ACTION ITEM: Below is a listing; restate from it, character for character, the lines beginning at the line holding "filter-equal p q [] h = refl" and ending at the line holding "same) ∙ h))", both included.

ENTRIES SHOWN:
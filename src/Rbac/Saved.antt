-- ===== src/Rbac/Saved.antt =====
-- What of a rule is saved when it is opened and not changed (frontend/public/components/RBAC/edit-rule.jsx).
use web_ui.Base.{
  ◌≡◌, refl, ap, ◌∙◌, Bool, true, false, ◌&&◌, ◌||◌, not, some, List, [], ◌∷◌, ◌++◌, map, null,
  filter, All, if◌then◌else◌, Bool-cases, inl, inr, arith,
}
use web_ui.Base.Text.{Text, same_text, same_text_iff, split, join, Without, split-join}
use web_ui.Rbac.Rule.{
  has, all_verbs, star, every_verb, custom_verbs, every_resource, custom_resources, Rule, EditRule,
  or_none, comma_space, load_names, load_rule, verb_selected, is_verb_selected, resource_selected,
  is_resource_selected, saved_verbs, saved_resources, to_rule,
}

same_text_comm : (v w : Text) → same_text v w ≡ same_text w v
same_text_comm v w = ground (arith, same_text_iff v w, same_text_iff w v)

abbrev next : Bool → Text → Bool × List Text → Bool × List Text
next b v s = if b then (true, s.1) else (s.0, v ∷ s.1)

star-load_names :
    (s : Bool × List Text) (vs : List Text) → (load_names s vs).0 ≡ (s.0 || has vs star)
unfolding load_names
star-load_names s [] = ground arith
star-load_names s (v ∷ vs) =
    star-load_names (next (same_text v star) v s) vs
    ∙ found (same_text v star) s.0 (has vs star)
    ∙ ap (λ b. s.0 || (b || has vs star)) (same_text_comm v star)
  where
    found : (b d r : Bool) → ((next b v s).0 || r) ≡ (s.0 || (b || r))
    found true d r = ground arith
    found false d r = refl

has-load_names :
    (w : Text) (s : Bool × List Text) (vs : List Text)
    → has (load_names s vs).1 w ≡ (has s.1 w || (has vs w && not (same_text w star)))
unfolding load_names
has-load_names w s [] = ground arith
has-load_names w s (v ∷ vs) =
    has-load_names w (next (same_text v star) v s) vs
    ∙ added (same_text v star) (same_text w v) (same_text w star) (has vs w)
        (both (same_text w v) refl)
  where
    both :
        (a : Bool)
        → same_text w v ≡ a
        → (same_text w v && same_text w star) ≡ (same_text w v && same_text v star)
    both true e = rw ((same_text_iff w v).0 e) refl
    both false e = rw e refl

    added :
        (b a t r : Bool)
        → (same_text w v && t) ≡ (same_text w v && b)
        → (has (next b v s).1 w || (r && not t)) ≡ (has s.1 w || ((same_text w v || r) && not t))
    added true a t r h = ground (arith, h)
    added false a t r h = ground (arith, h)

filter-equal :
    (p q : Text → Bool) (vs : List Text) → ((v : Text) → p v ≡ q v) → filter p vs ≡ filter q vs
filter-equal p q [] h = refl
filter-equal p q (v ∷ vs) h =
    rw (h v) (ap (λ rest. if q v then v ∷ rest else rest) (filter-equal p q vs h))

-- Without a star the loaded set has the members of the list.
has-loaded :
    (w : Text) (vs : List Text)
    → has vs star ≡ false
    → has (load_names (false, []) vs).1 w ≡ has vs w
has-loaded w vs h = has-load_names w (false, []) vs ∙ elim (Bool-cases (same_text w star)) [
  | inl same ↦ rw same (not_any (has vs w) (ap (has vs) ((same_text_iff w star).0 same) ∙ h))
  | inr other ↦ rw other (unit (has vs w))
]
  where
    not_any : (b : Bool) → b ≡ false → (b && false) ≡ b
    not_any b e = ground (arith, e)

    unit : (b : Bool) → (b && true) ≡ b
    unit b = ground arith

abbrev pub kept : List Text → List Text → List Text
kept known vs = if has vs star then star ∷ [] else filter (has vs) known

kept-loaded :
    (known vs : List Text)
    → (if (load_names (false, []) vs).0
        then star ∷ []
        else filter (has (load_names (false, []) vs).1) known)
      ≡ kept known vs
kept-loaded known vs =
    ap (λ b. if b then star ∷ [] else filter (has (load_names (false, []) vs).1) known)
      (star-load_names (false, []) vs)
    ∙ go (has vs star) refl
  where
    go :
        (b : Bool)
        → has vs star ≡ b
        → (if b then star ∷ [] else filter (has (load_names (false, []) vs).1) known)
          ≡ (if b then star ∷ [] else filter (has vs) known)
    go true e = refl
    go false e = filter-equal _ _ known (λ w. has-loaded w vs e)

module _ (admin all_resources : List Text) (s : EditRule) (b : Bool) where
  saved_verbs-control :
      s.verb_control ≡ (if b then every_verb else custom_verbs)
      → saved_verbs admin all_resources s (if b then every_verb else custom_verbs)
        ≡ (if b then star ∷ [] else filter (has s.verbs_set) all_verbs)
  unfolding is_verb_selected verb_selected
  saved_verbs-control e = go b e
    where
      go :
          (b : Bool)
          → s.verb_control ≡ (if b then every_verb else custom_verbs)
          → saved_verbs admin all_resources s (if b then every_verb else custom_verbs)
            ≡ (if b then star ∷ [] else filter (has s.verbs_set) all_verbs)
      go true e = refl
      go false e =
          filter-equal (is_verb_selected s) (has s.verbs_set) all_verbs
            (λ v. ap (λ c. verb_selected c s.verbs_set v) e)

  saved_resources-control :
      s.resource_control ≡ (if b then every_resource else custom_resources)
      → saved_resources admin all_resources s (if b then every_resource else custom_resources)
        ≡ (if b then star ∷ [] else filter (has s.resource_set) all_resources)
  unfolding is_resource_selected resource_selected
  saved_resources-control e = go b e
    where
      go :
          (b : Bool)
          → s.resource_control ≡ (if b then every_resource else custom_resources)
          → saved_resources admin all_resources s (if b then every_resource else custom_resources)
            ≡ (if b then star ∷ [] else filter (has s.resource_set) all_resources)
      go true e = refl
      go false e =
          filter-equal (is_resource_selected admin s) (has s.resource_set) all_resources
            (λ v. ap (λ c. resource_selected admin c s.resource_set v) e)

-- A rule that is opened and saved keeps a star, and otherwise those of its verbs that the editor knows and
-- those of its resources that the cluster has; every other verb and resource is lost.
pub to_rule-load_rule :
    (admin all_resources : List Text) (r : Rule)
    → ((to_rule admin all_resources (load_rule r)).verbs ≡ kept all_verbs r.verbs)
      × ((to_rule admin all_resources (load_rule r)).resources
          ≡ some (kept all_resources (or_none r.resources)))
unfolding to_rule load_rule
to_rule-load_rule admin all_resources r = (
  saved_verbs-control admin all_resources (load_rule r) (load_names (false, []) r.verbs).0 refl
      ∙ kept-loaded all_verbs r.verbs,
  ap some (
      saved_resources-control admin all_resources (load_rule r)
        (load_names (false, []) (or_none r.resources)).0 refl
      ∙ kept-loaded all_resources (or_none r.resources)),
)

join-comma_space :
    (g : Text) (gs : List Text)
    → join comma_space (g ∷ gs) ≡ join (b',' ∷ []) (g ∷ map (λ h. b' ' ∷ h) gs)
unfolding join
join-comma_space g [] = refl
join-comma_space g (h ∷ []) = refl
join-comma_space g (h ∷ i ∷ gs) = ap (λ t. g ++ (b',' ∷ b' ' ∷ t)) (join-comma_space h (i ∷ gs))

Without-spaced :
    (gs : List Text) → All (Without b',') gs → All (Without b',') (map (λ h. b' ' ∷ h) gs)
Without-spaced [] a = tt
Without-spaced (h ∷ gs) (w, a) = ((refl, w), Without-spaced gs a)

-- The groups of such a rule are joined with a comma and a space and split at the comma, so each but the
-- first is saved with a space in front.
pub api_groups-spaced :
    (admin all_resources : List Text) (r : Rule) (g : Text) (gs : List Text)
    → r.api_groups ≡ some (g ∷ gs)
    → All (Without b',') (g ∷ gs)
    → (to_rule admin all_resources (load_rule r)).api_groups ≡ some (g ∷ map (λ h. b' ' ∷ h) gs)
unfolding to_rule load_rule split
api_groups-spaced admin all_resources r g gs e (w, a) = rw e (
    rw (join-comma_space g gs) (
      go (join (b',' ∷ []) (g ∷ map (λ h. b' ' ∷ h) gs))
        (split-join b',' g (map (λ h. b' ' ∷ h) gs) (w, Without-spaced gs a))))
  where
    go :
        (t : Text)
        → split b',' t ≡ g ∷ map (λ h. b' ' ∷ h) gs
        → some (if null t then [] ∷ [] else split b',' t) ≡ some (g ∷ map (λ h. b' ' ∷ h) gs)
    go [] h = ap some h
    go (c ∷ t) h = ap some h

SOLUTION:
filter-equal p q [] h = refl
filter-equal p q (v ∷ vs) h =
    rw (h v) (ap (λ rest. if q v then v ∷ rest else rest) (filter-equal p q vs h))

-- Without a star the loaded set has the members of the list.
has-loaded :
    (w : Text) (vs : List Text)
    → has vs star ≡ false
    → has (load_names (false, []) vs).1 w ≡ has vs w
has-loaded w vs h = has-load_names w (false, []) vs ∙ elim (Bool-cases (same_text w star)) [
  | inl same ↦ rw same (not_any (has vs w) (ap (has vs) ((same_text_iff w star).0 same) ∙ h))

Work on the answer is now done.